The medical field is awash with interesting and important patient data – blood pressure, body temperature, pulse rate, just for starters – data that practitioners have, of course, been faithfully collecting for decades.
Harness that data to a machine, and all kinds of useful tools emerge for physicians, giving them ways to provide better care, quicker treatment and, critically, allowing them to better allocate physician and hospital resources.
That was the thrust of a seminar Wednesday evening delivered by retired London, Ont., anesthesiologist Dr. Steven Dain called “Future Vision for Mass Casualty and Autonomous Care,” sponsored by Waterloo Medtech, a multi-disciplined association of health-care and technology professionals who aim to connect Waterloo Region’s innovation culture with the medical field and, in the process, “address the gap between healthcare research and its adoption.”

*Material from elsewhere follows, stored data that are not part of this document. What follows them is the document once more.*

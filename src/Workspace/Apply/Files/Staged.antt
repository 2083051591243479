-- ===== src/Workspace/Apply/Files/Staged.antt =====
-- The staged files of an apply (local-agent/internal/workspace/apply.go): paths with an ending of their own.
use on_code.Prelude.{
  ◌+◌, ◌≡◌, refl, ap, inl, inr, true, false, [], ◌∷◌, Bytes, arith, ltb, length, bytes_eq,
  bytes_eq→eq, Bool-cases,
}
use on_code.Workspace.Apply.Files.{staged_at}

-- No staged file is written at that path.
abbrev pub IsNoStage : Bytes → Type 0
IsNoStage q = (p : Bytes) → bytes_eq q (staged_at p) ≡ false

length-staged_at : (p : Bytes) → length (staged_at p) ≡ length p + 11
length-staged_at [] = refl
length-staged_at (c ∷ p) = omega (arith, length-staged_at p)

-- No text of less than eleven bytes is the path of a staged file.
pub short-IsNoStage : (q : Bytes) → ltb (length q) 11 ≡ true → IsNoStage q
short-IsNoStage q short p = elim (Bool-cases (bytes_eq q (staged_at p))) [
  | inl same ↦
      absurd
        (ground (arith, short, ap length (bytes_eq→eq q (staged_at p) same), length-staged_at p))
  | inr other ↦ other
]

Dain laid out for his audience, many of them health-care providers, how smart, portable machines, powered by AI and machine learning, can help doctors provide a base level of care that can stabilize a patient and keep them alive. The capability is particularly useful in the wake of an event like a mass shooting or a natural disaster that overwhelms available care-givers and hospital resources.
The machines are additionally capable of recording and storing patient vital signs and other data for review when time and medical resources allow, enabling health-care workers to deliver smarter care when time and resources allow.
The barriers, Dain said, are significant, starting with the hodgepodge of technology currently in use by hospitals North America-wide. Making disparate hardware and software platforms – each written by a different company, each of them seeking to preserve market share – capable of sharing data, is a challenge, he says, one that has yet to be solved.
“In some hospitals in this province, I have to go through five different software packages to put together a medical record,” said Dain. “It's incredibly frustrating. It's incredibly time consuming.
“At one of the hospitals, I couldn't figure out how [a] drug was administered in the recovery room. I had to phone the [hospital] IT department and they bounced me all around the medical record departments. It took about half an hour to find somebody who knew how to do it.”
Dain is a self-described medtech disruptor. He is also a medical advisor for Waltham, Mass.-based DocBox Inc., a technology company that makes a suite of patient monitoring and care-delivery systems.
He got his start in medtech back in 1990, while working as an anesthesiologist at St. Joseph’s Hospital in London. He wanted to do a clinical study comparing techniques for tonsillectomies and needed to record patient oxygen saturation levels every five seconds.
“We didn't want to write it all down,” he said.
“And so we found some devices around the hospital which had serial interfaces on the back, and then we wrote custom software to collect the data.”
The homemade device and the software worked, and the study, which he said is cited to this day, was a success.
“We used an IBM 386,” he recalls. “It was their first laptop. It had a 360K floppy drive, running DOS.”
Dain said that in much the same way technology now helps pilots fly an aircraft during certain phases of a flight, reducing workload and enhancing safety, an opportunity exists for it to do the same for doctors.
He acknowledges that, apart from the problem of making software and hardware compatible, there are hurdles to overcome, not least among them the issues bound to unfold due to a device’s programming error or a hardware failure. Patient health could be compromised.
“Well, one has to look at it from a whole risk-management perspective,” said Dain. “What are the advantages of using the device? What are the disadvantages of using the device? If you have a critical event, a mass-casualty shooting like in Las Vegas, or the hurricane in Puerto Rico, where the medical requirements overwhelm the healthcare manpower, having [access to] closed-loop control robotics is far better than [providing no care].
“So, you know, a medic could run from person to person, do a very rapid triage, hook them up and say, ‘This [patient isn’t critical], this algorithm will help them, now let me go on to the next patient.’
“So you have to look at the whole big, overall perspective.”
Gaining buy-in from perennially cash-strapped provincial medical systems, or a hospital looking to reduce expenditures, is a problem, too.
“In Canada and the United States, there's a huge FUD factor – fear, uncertainty and doubt,” said Dain. “[The administrators will think], ‘I don't want to be the person that makes the multimillion-dollar decision to purchase a device and have my name plastered in the newspaper five years later if it didn't work.’”
The key, he said, is to prove the business case and show ways that technology saves money and stretches resources.
The introduction of technology to the medical field, he added, is still at its early stages, but one that is ultimately bound to “make an enormous difference."